Task to carry out: When a line in the data below includes "holds", count it; then give only the total.

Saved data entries
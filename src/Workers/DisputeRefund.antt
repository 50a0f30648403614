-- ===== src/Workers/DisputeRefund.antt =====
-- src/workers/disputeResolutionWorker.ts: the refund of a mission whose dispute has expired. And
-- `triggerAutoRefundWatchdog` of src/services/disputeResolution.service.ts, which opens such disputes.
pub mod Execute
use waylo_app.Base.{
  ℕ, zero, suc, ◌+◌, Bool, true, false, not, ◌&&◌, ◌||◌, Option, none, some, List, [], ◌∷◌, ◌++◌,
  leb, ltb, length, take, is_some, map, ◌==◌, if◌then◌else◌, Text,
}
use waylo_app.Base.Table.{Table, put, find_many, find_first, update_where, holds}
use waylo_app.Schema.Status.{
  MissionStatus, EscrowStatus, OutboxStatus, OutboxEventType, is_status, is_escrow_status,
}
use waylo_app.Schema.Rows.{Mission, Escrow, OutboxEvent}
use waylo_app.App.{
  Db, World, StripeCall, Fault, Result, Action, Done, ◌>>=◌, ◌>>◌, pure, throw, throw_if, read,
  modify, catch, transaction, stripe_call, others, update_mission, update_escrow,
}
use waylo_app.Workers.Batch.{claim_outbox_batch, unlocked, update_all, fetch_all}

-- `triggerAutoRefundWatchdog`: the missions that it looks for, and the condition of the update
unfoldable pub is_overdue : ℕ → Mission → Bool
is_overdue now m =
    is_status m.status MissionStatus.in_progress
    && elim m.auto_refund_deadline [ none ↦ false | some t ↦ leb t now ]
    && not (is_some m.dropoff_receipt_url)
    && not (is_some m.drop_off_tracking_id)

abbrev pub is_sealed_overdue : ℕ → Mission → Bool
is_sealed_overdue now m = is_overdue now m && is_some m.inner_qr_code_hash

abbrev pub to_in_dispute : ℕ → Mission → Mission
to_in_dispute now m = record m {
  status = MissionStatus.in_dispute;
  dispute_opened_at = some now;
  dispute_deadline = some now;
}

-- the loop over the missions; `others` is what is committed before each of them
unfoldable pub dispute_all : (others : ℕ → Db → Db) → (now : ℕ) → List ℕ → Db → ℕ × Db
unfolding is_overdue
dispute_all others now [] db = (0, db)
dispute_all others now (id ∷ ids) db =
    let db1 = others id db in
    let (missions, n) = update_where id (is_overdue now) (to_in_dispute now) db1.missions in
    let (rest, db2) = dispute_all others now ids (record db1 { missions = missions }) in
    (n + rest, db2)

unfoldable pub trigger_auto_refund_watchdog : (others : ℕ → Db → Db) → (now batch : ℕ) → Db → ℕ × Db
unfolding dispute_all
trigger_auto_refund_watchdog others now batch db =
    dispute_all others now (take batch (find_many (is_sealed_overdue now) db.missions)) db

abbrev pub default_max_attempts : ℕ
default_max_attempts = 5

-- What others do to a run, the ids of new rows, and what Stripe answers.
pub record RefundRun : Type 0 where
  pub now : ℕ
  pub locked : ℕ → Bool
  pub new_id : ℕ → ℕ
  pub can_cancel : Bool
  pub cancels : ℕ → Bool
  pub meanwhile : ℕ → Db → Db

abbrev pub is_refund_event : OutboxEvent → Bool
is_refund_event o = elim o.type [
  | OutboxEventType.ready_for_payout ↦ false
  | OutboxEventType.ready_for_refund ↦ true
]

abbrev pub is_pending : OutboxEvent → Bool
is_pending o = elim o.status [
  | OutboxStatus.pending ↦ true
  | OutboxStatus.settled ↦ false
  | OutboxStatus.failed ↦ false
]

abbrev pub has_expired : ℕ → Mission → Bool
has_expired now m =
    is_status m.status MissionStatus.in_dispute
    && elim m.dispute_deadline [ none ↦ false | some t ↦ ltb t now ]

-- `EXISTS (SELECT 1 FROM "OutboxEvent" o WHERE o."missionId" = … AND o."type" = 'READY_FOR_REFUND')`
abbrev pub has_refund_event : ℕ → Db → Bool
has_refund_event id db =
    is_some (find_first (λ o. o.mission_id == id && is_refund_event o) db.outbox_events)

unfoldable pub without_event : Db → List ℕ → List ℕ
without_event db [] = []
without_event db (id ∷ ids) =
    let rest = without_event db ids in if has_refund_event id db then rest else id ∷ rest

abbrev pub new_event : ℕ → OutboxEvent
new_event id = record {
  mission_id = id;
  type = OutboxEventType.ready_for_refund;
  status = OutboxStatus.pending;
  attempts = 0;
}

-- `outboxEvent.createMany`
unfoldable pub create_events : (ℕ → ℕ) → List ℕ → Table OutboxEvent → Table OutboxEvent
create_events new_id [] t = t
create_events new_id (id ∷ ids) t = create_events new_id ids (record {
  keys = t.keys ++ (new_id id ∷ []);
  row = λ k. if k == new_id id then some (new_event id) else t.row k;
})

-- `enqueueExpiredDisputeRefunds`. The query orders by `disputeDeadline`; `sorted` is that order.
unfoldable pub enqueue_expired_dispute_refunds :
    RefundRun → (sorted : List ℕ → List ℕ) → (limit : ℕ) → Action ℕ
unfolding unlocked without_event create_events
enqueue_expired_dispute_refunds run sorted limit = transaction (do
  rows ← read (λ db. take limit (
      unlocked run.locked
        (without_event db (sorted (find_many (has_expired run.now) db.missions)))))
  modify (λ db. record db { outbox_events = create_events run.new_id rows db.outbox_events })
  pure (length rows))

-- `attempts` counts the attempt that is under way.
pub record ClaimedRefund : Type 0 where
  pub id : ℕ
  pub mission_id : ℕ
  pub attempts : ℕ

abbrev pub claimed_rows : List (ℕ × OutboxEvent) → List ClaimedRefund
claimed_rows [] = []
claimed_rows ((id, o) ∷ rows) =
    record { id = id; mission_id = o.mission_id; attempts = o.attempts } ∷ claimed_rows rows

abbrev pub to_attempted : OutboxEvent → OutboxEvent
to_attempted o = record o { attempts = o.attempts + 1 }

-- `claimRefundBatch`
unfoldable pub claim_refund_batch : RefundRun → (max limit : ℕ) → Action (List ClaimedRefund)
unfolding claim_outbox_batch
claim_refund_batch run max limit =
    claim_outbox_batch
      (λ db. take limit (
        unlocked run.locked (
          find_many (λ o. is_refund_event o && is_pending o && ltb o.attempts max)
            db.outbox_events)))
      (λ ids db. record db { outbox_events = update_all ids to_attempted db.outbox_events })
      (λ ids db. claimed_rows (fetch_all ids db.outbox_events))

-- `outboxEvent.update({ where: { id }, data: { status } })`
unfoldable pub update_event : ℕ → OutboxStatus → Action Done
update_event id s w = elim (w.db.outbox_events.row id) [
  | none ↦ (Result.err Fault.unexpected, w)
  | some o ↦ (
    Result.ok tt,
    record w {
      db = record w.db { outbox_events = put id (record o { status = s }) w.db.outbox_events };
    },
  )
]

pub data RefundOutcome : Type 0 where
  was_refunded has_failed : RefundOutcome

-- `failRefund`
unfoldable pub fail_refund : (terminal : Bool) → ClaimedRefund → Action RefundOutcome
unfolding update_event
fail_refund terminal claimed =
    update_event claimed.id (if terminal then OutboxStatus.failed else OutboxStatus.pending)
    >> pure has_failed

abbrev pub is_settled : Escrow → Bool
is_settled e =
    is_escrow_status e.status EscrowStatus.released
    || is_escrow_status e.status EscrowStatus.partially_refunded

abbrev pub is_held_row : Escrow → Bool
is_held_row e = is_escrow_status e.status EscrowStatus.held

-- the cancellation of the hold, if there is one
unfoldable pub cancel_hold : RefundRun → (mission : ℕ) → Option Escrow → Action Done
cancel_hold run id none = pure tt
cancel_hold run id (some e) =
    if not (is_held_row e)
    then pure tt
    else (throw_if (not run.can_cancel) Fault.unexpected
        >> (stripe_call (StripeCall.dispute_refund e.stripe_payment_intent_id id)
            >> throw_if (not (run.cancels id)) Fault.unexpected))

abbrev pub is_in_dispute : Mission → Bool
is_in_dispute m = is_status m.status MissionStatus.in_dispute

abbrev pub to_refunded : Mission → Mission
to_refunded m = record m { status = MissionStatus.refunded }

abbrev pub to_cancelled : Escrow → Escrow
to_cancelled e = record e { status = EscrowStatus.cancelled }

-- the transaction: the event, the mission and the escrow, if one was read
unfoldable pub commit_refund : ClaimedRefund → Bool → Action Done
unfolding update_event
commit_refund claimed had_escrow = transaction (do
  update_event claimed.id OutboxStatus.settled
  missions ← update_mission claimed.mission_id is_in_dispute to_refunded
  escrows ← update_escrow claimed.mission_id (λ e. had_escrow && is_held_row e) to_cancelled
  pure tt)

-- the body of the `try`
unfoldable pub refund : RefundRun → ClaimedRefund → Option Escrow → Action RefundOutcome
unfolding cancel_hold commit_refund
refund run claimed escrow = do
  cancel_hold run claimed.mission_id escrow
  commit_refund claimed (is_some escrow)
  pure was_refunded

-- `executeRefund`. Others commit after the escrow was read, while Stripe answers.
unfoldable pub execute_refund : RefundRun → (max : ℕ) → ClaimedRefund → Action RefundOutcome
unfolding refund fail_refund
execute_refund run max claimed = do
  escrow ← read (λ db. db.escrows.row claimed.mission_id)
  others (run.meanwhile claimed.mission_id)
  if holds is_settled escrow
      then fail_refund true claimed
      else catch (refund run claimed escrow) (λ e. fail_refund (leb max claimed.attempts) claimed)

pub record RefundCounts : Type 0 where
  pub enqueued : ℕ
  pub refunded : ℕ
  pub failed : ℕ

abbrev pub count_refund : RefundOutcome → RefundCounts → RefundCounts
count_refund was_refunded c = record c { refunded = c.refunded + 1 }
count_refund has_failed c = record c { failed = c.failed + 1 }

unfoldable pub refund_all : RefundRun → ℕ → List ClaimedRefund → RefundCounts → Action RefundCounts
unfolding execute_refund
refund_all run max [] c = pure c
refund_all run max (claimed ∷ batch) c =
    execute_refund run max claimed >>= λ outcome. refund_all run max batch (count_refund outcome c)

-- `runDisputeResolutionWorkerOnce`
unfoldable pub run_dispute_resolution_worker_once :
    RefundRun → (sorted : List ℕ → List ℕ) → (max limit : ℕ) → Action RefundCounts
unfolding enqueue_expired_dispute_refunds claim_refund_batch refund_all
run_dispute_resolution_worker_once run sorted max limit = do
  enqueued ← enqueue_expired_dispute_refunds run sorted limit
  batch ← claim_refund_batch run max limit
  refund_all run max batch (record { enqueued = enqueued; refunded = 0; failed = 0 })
---
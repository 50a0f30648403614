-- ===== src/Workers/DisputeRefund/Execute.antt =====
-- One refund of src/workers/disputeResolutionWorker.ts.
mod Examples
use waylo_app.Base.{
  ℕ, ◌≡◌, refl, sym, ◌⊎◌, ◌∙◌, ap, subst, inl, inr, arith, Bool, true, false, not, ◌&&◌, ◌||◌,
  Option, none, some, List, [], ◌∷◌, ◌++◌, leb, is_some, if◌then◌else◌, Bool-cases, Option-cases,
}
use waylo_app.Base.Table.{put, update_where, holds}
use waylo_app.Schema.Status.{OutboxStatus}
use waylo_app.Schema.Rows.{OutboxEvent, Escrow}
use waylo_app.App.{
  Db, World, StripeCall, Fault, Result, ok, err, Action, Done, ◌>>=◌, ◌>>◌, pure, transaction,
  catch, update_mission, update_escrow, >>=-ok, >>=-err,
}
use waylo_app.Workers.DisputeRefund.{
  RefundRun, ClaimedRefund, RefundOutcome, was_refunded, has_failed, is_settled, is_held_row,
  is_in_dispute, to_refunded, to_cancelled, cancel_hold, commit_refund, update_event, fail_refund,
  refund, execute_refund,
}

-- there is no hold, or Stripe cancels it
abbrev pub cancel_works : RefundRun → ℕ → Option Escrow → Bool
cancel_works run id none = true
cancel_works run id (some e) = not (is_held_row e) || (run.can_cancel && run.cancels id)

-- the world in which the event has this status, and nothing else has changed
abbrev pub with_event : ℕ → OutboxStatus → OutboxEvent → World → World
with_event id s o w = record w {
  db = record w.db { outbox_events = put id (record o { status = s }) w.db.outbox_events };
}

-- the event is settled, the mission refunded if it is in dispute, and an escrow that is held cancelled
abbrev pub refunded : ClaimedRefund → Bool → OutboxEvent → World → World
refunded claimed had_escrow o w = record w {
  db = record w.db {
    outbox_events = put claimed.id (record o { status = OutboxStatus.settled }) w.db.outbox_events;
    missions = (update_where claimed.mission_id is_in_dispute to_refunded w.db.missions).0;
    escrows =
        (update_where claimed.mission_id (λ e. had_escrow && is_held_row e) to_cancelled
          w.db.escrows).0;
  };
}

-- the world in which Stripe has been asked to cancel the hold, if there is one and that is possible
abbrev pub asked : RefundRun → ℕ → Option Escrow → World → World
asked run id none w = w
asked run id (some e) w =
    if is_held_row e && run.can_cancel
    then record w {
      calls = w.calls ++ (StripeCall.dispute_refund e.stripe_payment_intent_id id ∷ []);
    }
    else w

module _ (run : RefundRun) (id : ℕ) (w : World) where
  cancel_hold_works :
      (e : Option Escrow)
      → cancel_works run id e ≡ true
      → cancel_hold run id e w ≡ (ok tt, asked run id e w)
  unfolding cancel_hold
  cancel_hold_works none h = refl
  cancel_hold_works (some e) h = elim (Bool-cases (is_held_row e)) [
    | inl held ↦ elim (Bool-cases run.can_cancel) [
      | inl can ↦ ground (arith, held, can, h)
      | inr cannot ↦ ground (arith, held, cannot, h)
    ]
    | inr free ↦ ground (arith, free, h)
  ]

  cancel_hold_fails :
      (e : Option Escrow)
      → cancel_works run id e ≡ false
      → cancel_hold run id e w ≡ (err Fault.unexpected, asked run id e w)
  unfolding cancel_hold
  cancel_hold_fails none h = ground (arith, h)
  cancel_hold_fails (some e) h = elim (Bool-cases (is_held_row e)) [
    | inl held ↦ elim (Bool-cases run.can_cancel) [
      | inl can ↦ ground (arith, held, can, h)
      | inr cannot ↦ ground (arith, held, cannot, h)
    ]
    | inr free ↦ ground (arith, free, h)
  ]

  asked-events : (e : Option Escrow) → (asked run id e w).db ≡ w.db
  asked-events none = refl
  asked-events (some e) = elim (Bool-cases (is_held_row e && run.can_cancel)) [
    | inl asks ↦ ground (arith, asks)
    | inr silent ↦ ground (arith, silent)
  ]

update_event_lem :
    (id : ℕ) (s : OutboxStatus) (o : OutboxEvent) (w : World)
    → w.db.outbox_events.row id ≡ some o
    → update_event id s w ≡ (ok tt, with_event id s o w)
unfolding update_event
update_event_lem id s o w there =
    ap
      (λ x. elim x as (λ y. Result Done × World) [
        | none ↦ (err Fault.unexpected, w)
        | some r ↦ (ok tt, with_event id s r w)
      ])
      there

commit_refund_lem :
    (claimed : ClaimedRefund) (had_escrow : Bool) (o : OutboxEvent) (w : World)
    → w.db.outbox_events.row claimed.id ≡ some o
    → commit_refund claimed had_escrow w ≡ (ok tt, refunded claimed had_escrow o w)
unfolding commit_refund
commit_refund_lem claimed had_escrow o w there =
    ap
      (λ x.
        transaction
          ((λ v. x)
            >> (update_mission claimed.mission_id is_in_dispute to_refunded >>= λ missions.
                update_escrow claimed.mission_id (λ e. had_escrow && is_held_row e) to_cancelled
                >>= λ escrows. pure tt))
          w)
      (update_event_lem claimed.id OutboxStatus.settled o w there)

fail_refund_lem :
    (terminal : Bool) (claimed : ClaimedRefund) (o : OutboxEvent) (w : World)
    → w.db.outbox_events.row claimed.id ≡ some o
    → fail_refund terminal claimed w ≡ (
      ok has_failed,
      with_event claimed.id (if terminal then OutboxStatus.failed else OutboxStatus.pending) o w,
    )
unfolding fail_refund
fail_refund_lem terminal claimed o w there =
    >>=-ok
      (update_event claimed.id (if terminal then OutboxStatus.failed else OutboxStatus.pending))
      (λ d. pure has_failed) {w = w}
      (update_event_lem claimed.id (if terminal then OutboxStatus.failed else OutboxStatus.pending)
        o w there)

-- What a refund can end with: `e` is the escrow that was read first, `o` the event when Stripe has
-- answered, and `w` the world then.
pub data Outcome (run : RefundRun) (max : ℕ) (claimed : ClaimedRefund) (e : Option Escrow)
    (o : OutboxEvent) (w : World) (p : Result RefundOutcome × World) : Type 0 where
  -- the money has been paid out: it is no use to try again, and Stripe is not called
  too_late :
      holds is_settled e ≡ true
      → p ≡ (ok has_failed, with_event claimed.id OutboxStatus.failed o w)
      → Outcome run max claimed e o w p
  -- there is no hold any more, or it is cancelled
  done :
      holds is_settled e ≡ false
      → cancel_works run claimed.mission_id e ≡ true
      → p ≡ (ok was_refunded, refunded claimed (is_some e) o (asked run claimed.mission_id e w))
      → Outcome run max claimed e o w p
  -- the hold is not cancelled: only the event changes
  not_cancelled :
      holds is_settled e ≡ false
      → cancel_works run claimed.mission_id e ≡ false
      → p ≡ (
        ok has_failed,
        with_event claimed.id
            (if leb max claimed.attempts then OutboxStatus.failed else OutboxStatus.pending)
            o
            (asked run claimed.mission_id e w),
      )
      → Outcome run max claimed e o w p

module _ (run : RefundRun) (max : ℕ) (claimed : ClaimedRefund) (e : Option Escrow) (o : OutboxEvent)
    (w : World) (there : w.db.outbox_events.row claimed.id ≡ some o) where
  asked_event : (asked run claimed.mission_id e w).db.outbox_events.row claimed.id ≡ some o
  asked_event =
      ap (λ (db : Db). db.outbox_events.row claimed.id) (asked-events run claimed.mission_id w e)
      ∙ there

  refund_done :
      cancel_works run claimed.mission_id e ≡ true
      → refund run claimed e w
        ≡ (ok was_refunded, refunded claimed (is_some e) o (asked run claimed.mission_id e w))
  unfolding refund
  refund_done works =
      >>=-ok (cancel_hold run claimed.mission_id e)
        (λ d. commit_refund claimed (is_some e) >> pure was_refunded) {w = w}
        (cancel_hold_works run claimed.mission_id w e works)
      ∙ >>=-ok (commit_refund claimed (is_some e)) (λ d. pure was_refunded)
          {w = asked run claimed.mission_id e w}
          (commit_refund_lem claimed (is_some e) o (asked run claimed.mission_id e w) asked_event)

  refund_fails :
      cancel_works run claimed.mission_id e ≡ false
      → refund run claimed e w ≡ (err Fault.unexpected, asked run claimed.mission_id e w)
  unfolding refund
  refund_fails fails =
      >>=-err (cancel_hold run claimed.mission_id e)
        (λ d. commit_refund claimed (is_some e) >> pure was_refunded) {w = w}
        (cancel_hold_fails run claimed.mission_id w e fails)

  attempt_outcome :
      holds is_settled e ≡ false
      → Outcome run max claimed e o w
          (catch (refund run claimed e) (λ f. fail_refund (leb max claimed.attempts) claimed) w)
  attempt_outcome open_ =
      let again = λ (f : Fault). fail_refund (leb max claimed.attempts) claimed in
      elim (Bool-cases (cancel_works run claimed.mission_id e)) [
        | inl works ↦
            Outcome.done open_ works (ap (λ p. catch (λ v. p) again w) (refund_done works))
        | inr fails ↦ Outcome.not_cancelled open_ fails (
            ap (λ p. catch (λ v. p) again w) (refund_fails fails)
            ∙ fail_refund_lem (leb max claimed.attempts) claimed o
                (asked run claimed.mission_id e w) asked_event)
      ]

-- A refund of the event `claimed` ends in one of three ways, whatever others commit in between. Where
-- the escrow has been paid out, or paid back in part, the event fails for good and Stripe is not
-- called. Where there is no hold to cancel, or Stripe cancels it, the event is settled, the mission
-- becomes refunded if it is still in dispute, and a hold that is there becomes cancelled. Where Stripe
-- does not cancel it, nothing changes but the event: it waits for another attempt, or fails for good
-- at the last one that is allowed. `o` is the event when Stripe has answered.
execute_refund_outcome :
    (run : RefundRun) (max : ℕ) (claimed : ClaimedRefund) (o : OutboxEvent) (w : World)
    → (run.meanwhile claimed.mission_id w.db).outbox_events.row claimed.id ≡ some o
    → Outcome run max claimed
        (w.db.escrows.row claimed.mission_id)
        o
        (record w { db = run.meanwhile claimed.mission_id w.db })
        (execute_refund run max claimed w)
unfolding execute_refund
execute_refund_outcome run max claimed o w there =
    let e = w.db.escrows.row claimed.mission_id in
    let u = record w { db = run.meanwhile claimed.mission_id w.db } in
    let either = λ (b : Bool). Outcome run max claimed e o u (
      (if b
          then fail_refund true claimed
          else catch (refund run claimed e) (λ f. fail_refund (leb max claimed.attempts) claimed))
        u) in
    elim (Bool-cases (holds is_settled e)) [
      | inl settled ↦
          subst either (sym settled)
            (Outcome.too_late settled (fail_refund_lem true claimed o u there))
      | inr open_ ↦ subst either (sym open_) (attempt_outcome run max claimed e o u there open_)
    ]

Written response: 8